A psychic link was a strange thing. Were one not careful, you could find things you shouldn't, but we were both seasoned enough to keep ourselves from compromising the other. I was wholly unprepared for the vision, however. Closing my eyes, I saw a wretched symbol that burned into my mind with a tainted aura. Somehow it left a horrid aftertaste in my mouth, as if the very sight of the mere shape could effect a mortal. Unconsciously, I found my hand gripped Emmaline's forearm, though to steady her or myself I cannot recall.

Once it was over, I exhaled involuntarily, but kept my composure. Had I seen something akin to it before? It wasn't like any chaos symbol I had ever seen. Certainly not a mark of the four entities or the dreaded unholy thirteen. It seemed almost xenos in nature, but it was very likely a chaos symbol I simply had not seen before. I had only been in the Ordo for two decades, and only five of them as an active field inquisitor.

When we broke contact, though I don't recall why I had initially reached, I kept her steady and held her shoulder with my other hand. I did not say anything, but nodded when she made eye contact and stepped back from her.

"Thank you," I said to her.

"Do you know what it was?" She asked, a normal question, even after glimpsing my initial thoughts. Sometimes it took a moment for a brain to process information before finding the answer to a question.

"I have a few ideas, but truthfully? I'm unsure." I admitted, sighing.

"That's a first," she quipped with an arched eyebrow. I regarded her and tried but failed to hide a grin. I admit I had been overly formal with her the last few days. Youth was a strange thing. We wish the entirety of it to be older and more respected and forget the gifts we have at the moment. I am ever to serve and am still very physically capable, but in those days I was at my peak. Hale and broad shouldered, I was cut in a way one could only gain through discipline and hours of exercise a day, though I was of good Elysiar stock. At that time I was too pre-occupied to see the bodacious woman before me, though I feel I had begun to see an inkling. No one who did not wish for the success of the mission would have sought me out and shared it with me. Perhaps I had treated her too much as a student and not enough as a teammate.

"I'm unsure of a lot of things," I admitted to her, showing a hint of the man I was past my steely visage. "But the minute I act it, someone might die."

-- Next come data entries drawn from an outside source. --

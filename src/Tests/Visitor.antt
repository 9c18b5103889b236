-- ===== src/Tests/Visitor.antt =====
-- A session that keeps what it is given, a hash that is the password itself, and an administrator.
use weiterleitung.Prelude.{
  ◌≡◌, refl, sym, ◌∙◌, ap, [], ◌∷◌, Option, none, some, Result, ok, err, if◌then◌else◌,
}
use weiterleitung.Text.{Text, lit, eq_text, eq_text_refl}
use weiterleitung.Database.{World, User}
use weiterleitung.SessionState.{SessionStore, IsSessionStore, Value}
use weiterleitung.Authentication.Password.{
  PasswordHashing, Credentials, verify_password_hash, hash_with,
}
use weiterleitung.Database.Exec.{replace}
use weiterleitung.Authentication.Password.Seed.{Verifies}
use weiterleitung.Routes.{AppState, Visit}
use weiterleitung.Routes.Assets.{AssetFiles}
use weiterleitung.Tests.Fixture.{tables, world, router}

abbrev pub Held : Type 0
Held = Text → Option Value

abbrev pub sessions : SessionStore Held
sessions = record {
  insert = λ k x s. (ok tt, λ j. if eq_text k j then some x else s j);
  get = λ k s. (ok (s k), s);
  remove = λ k s. (ok (s k), λ j. if eq_text k j then none else s j);
}

ok_value : {a b : Option Value} → ◌≡◌ {A = Result Text (Option Value)} (ok a) (ok b) → b ≡ a
ok_value h = cc

pub sessions-IsSessionStore : IsSessionStore sessions (λ s j. s j)
sessions-IsSessionStore = record {
  insert_ok = λ k x s j h. refl;
  insert_err = λ k x s j e h. cc;
  get_ok = λ k s o h. ok_value h;
  get_keeps = λ k s j. refl;
  remove_value = λ k s o h. ok_value h;
  remove_ok = λ k s j o h. refl;
  remove_err = λ k s j e h. cc;
}

abbrev pub plain : PasswordHashing
plain = record {
  parse = ok;
  verify_password = λ h p. if eq_text h p then ok tt else err (lit "no match");
  params = ok tt;
  hash_password = λ p salt. ok p;
}

pub plain-Verifies : Verifies plain
unfolding verify_password_hash hash_with
plain-Verifies password salt h e =
    let q : password ≡ h = cc in
    ap (λ b. replace (λ e. lit "Invalid password") (if b then ok tt else err (lit "no match")))
      (ap (λ x. eq_text x password) (sym q) ∙ eq_text_refl password)

abbrev pub app : AppState Held
app = record {
  aliases = router.aliases;
  sessions = sessions;
  hashing = plain;
  rendering = record {
    template = λ t. ok (lit "page");
    date = λ n. lit "day";
    date_time = λ n. lit "minute";
  };
}

abbrev pub files : AssetFiles
files = record { app_css = lit "a{}"; app_js = lit "f()"; hash = λ t. 255; header_value = some }

abbrev pub nobody : Held
nobody key = none

abbrev pub admin_user : User
admin_user = record {
  user_id = lit "u1";
  username = lit "admin";
  password_hash = lit "secret";
  created_at = 0;
}

abbrev pub installed : World
installed = record world { db = record tables { users = admin_user ∷ [] } }

abbrev pub right : Credentials
right = record { username = lit "admin"; password = lit "secret" }

abbrev pub wrong : Credentials
wrong = record { username = lit "admin"; password = lit "guess" }

abbrev pub visit : Visit Held
visit = record { session = nobody; world = installed }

After a pause, I shrugged as if to say 'what can you do?' and turned to put my grey top on that fit me like a comfortable glove. As I slid my arms through the shirt sleeves, I suggested something she no doubt was excited to hear.

"Let's think on it over a drink. Don't worry, I have the good stuff stashed in a secret place."
Two days later...

Sweat beaded off my bare back, huffing as I continued my workout. Wearing my dark brown military trousers and boots, I wanted to remain half in uniform in case something transpired on deck. The gym was spacious, big enough for the physical fitness of an entire crew. Machines and dumbbells and an auto-runner, along with mats and pull up bars decked the room out. To the left, there was a training mat for a sparring area that I would soon utilize in Emmaline's training. She was untrained in the arts of the psyker, but she knew more than she let on, at least a bit. It had taken me several days of observation to understand what was happening, but it only made me respect her skills as an actor. It was difficult to fool me when I had my eye on someone. It was why I suddenly up and made her draw three paintings simultaneously, each of one of the holy primarchs.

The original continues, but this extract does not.